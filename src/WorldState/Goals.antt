-- ===== src/WorldState/Goals.antt =====
-- services/world_state.py: `create_goal`, `update_goal` and `assess_goal`.
use elowyn_assist.Common.{
  ℕ, Bool, true, false, not, ◌&&◌, ◌||◌, Option, none, some, List, [], ◌∷◌, ◌++◌, ◌==◌,
  if◌then◌else◌, is_empty,
}
use elowyn_assist.Common.Text.{same_text}
use elowyn_assist.Common.Json.{
  Json, null, name, string, object, array, end, field, optional_text, optional_uuid, optional_name,
  optional_number, optional_time, Elements, none_left, element,
}
use elowyn_assist.Domain.Enums.{
  EntityType, EventType, GoalStatus, same_goal_status, goal_status_value, same_deadline_type,
  deadline_type_value, SuccessCriterionStatus,
}
use elowyn_assist.Domain.Errors.{invalid, integrity, no_change}
use elowyn_assist.Domain.Commands.{GoalCreate, SuccessCriterionCreate}
use elowyn_assist.Domain.Commands.Fields.{unset, sent}
use elowyn_assist.Domain.Commands.Updates.{GoalUpdate, check_goal_update}
use elowyn_assist.Domain.Commands.Assessments.{Assessment}
use elowyn_assist.Db.Rows.{Source, Operation}
use elowyn_assist.Db.World.{Goal, SuccessCriterion}
use elowyn_assist.Mutation.{
  Action, pure, query, refuse_if, write, new_id, ◌>>=◌, ◌>>◌, atomic_domain_action, ActionContext,
  operation, source_id_of, change, assistant_inference_source,
}
use elowyn_assist.WorldState.Guards.{put_goal, in_world}
use elowyn_assist.WorldState.Examine.{examine_goal, examine_goal_update}
use elowyn_assist.WorldState.Events.{record_event, new_entity}
use elowyn_assist.WorldState.Fields.{Draft, assign, assign_value, sends_null}
use elowyn_assist.WorldState.Completion.{
  stamp, stamp_change, evidence_of, inferred_by, source_of_value,
}

unfoldable pub dump_criteria : List SuccessCriterionCreate → Elements
dump_criteria [] = none_left
dump_criteria (c ∷ cs) =
    element (object (field "description" (string c.description) end)) (dump_criteria cs)

-- `GoalCreate.model_dump(mode="json")`.
abbrev pub dump_goal : GoalCreate → Json
dump_goal c = object (
    field "title" (string c.title) (
      field "description" (optional_text c.description) (
        field "status" (name (goal_status_value c.status)) (
          field "importance" (optional_number c.importance) (
            field "target_date" (optional_time c.target_date) (
              field "target_date_type" (optional_name deadline_type_value c.target_date_type) (
                field "parent_goal_id" (optional_uuid c.parent_goal_id)
                  (field "success_criteria" (array (dump_criteria c.success_criteria)) end))))))))

abbrev pub is_achieved : GoalStatus → Bool
is_achieved status = same_goal_status status GoalStatus.achieved

abbrev pub new_goal : ℕ → GoalCreate → Option Source → Option ℕ → Goal
new_goal i c source achieved_at = record {
  entity_id = i;
  title = c.title;
  description = c.description;
  status = c.status;
  importance = c.importance;
  importance_source_id = source_of_value c.importance source;
  target_date = c.target_date;
  target_date_type = c.target_date_type;
  parent_goal_id = c.parent_goal_id;
  achieved_at = achieved_at;
}

abbrev pub new_criterion : ℕ → ℕ → Option Source → SuccessCriterionCreate → SuccessCriterion
new_criterion i goal_id source c = record {
  id = i;
  goal_id = goal_id;
  description = c.description;
  status = SuccessCriterionStatus.unknown;
  confidence = none;
  evaluation_summary = none;
  created_source_id = source_id_of source;
  evaluation_source_id = none;
}

-- The loop over the criteria.
unfoldable pub add_criteria : ℕ → Option Source → List SuccessCriterionCreate → Action (Unit {0})
add_criteria goal_id source [] = pure tt
add_criteria goal_id source (c ∷ cs) = do
  i ← new_id
  write (in_world λ w. record w { criteria = w.criteria ++ new_criterion i goal_id source c ∷ [] })
  add_criteria goal_id source cs

-- The rows of a new goal and its event.
unfoldable pub install_goal : GoalCreate → Option Source → Operation → Action Goal
unfolding new_entity add_criteria record_event dump_criteria
install_goal command source op = do
  i ← new_entity EntityType.goal
  achieved_at ← stamp true (is_achieved command.status) false none
  let goal = new_goal i command source achieved_at
  write (in_world λ w. record w { goals = w.goals ++ goal ∷ [] })
  add_criteria i source command.success_criteria
  record_event op EventType.goal_created i source (change "created" null (dump_goal command) ∷ [])
  pure goal

unfoldable pub create_goal_body : GoalCreate → ActionContext → Action Goal
unfolding examine_goal install_goal
create_goal_body command ctx = do
  query (examine_goal command)
  op ← operation ctx
  install_goal command ctx.source op

-- `create_goal`.
unfoldable pub create_goal : GoalCreate → ActionContext → Action Goal
unfolding create_goal_body
create_goal command ctx = atomic_domain_action (create_goal_body command ctx)

-- The loop over the fields.
unfoldable pub assign_goal : GoalUpdate → Option Source → Draft Goal → Draft Goal
unfolding assign assign_value
assign_goal c source d =
    assign "parent_goal_id" ◌==◌ optional_uuid (λ r. r.parent_goal_id)
      (λ x r. record r { parent_goal_id = x }) c.parent_goal_id
      (assign "target_date_type" same_deadline_type (optional_name deadline_type_value)
        (λ r. r.target_date_type) (λ x r. record r { target_date_type = x }) c.target_date_type
        (assign "target_date" ◌==◌ optional_time (λ r. r.target_date)
          (λ x r. record r { target_date = x }) c.target_date
          (assign "importance" ◌==◌ optional_number (λ r. r.importance)
            (λ x r. record r { importance = x; importance_source_id = source_id_of source })
            c.importance
            (assign_value "status" same_goal_status (λ x. name (goal_status_value x))
              (λ r. r.status) (λ x r. record r { status = x }) c.status
              (assign "description" same_text optional_text (λ r. r.description)
                (λ x r. record r { description = x }) c.description
                (assign_value "title" same_text string (λ r. r.title)
                  (λ x r. record r { title = x }) c.title d))))))

abbrev pub goal_nulls : GoalUpdate → Bool
goal_nulls c = sends_null c.title || sends_null c.status

-- The type of the event of an update.
abbrev pub goal_event : GoalStatus → GoalStatus → EventType
goal_event old new =
    if is_achieved new && not (is_achieved old)
    then EventType.goal_achieved
    else if not (same_goal_status new old)
    then EventType.goal_status_changed
    else EventType.goal_updated

-- The row with the time of its completion, written with its event.
unfoldable pub settle_goal : Goal → Draft Goal → Option Source → Operation → Option ℕ → Action Goal
unfolding record_event
settle_goal old (row, changes) source op achieved_at = do
  let goal = record row { achieved_at = achieved_at }
  let all_changes = changes ++ stamp_change "achieved_at" old.achieved_at achieved_at
  refuse_if (is_empty all_changes) (invalid no_change)
  write (in_world (put_goal goal))
  record_event op (goal_event old.status goal.status) goal.entity_id source all_changes
  pure goal

-- `update_goal` from the operation on.
unfoldable pub apply_goal_update : GoalUpdate → Option Source → Goal → Operation → Action Goal
unfolding assign_goal settle_goal stamp
apply_goal_update command source old op = do
  let draft = assign_goal command source (old, [])
  achieved_at ←
      stamp (not (same_goal_status draft.0.status old.status)) (is_achieved draft.0.status)
        (is_achieved old.status) old.achieved_at
  refuse_if (goal_nulls command) integrity
  settle_goal old draft source op achieved_at

unfoldable pub update_goal_body : GoalUpdate → ActionContext → Action Goal
unfolding examine_goal_update apply_goal_update
update_goal_body command ctx = do
  (row, target_date_type) ← query (examine_goal_update command)
  op ← operation ctx
  apply_goal_update (record command { target_date_type = target_date_type }) ctx.source row op

-- `update_goal`.
unfoldable pub update_goal : GoalUpdate → ActionContext → Action Goal
unfolding update_goal_body
update_goal command ctx = atomic_domain_action (update_goal_body command ctx)

-- The update of an assessment.
abbrev pub assessed_goal : Assessment → GoalUpdate
assessed_goal command = record {
  entity_id = command.entity_id;
  title = unset;
  description = unset;
  status = unset;
  importance = sent (some command.importance);
  target_date = unset;
  target_date_type = unset;
  parent_goal_id = unset;
}

unfoldable pub assess_goal_body : Assessment → Option Source → Action Goal
unfolding update_goal check_goal_update
assess_goal_body command evidence = do
  inference ←
      assistant_inference_source command.confidence command.reason_summary (evidence_of evidence)
  update ← query λ db. check_goal_update (assessed_goal command)
  update_goal update (inferred_by inference "Elowyn goal importance assessment")

-- `assess_goal`.
unfoldable pub assess_goal : Assessment → Option Source → Action Goal
unfolding assess_goal_body
assess_goal command evidence = atomic_domain_action (assess_goal_body command evidence)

Problem details
Give back, exactly as written, the stretch from the line with "unfoldable pub settle_goal" through the line with "let all_changes = changes", and no other lines from the records above.

Result
unfoldable pub settle_goal : Goal → Draft Goal → Option Source → Operation → Option ℕ → Action Goal
unfolding record_event
settle_goal old (row, changes) source op achieved_at = do
  let goal = record row { achieved_at = achieved_at }
  let all_changes = changes ++ stamp_change "achieved_at" old.achieved_at achieved_at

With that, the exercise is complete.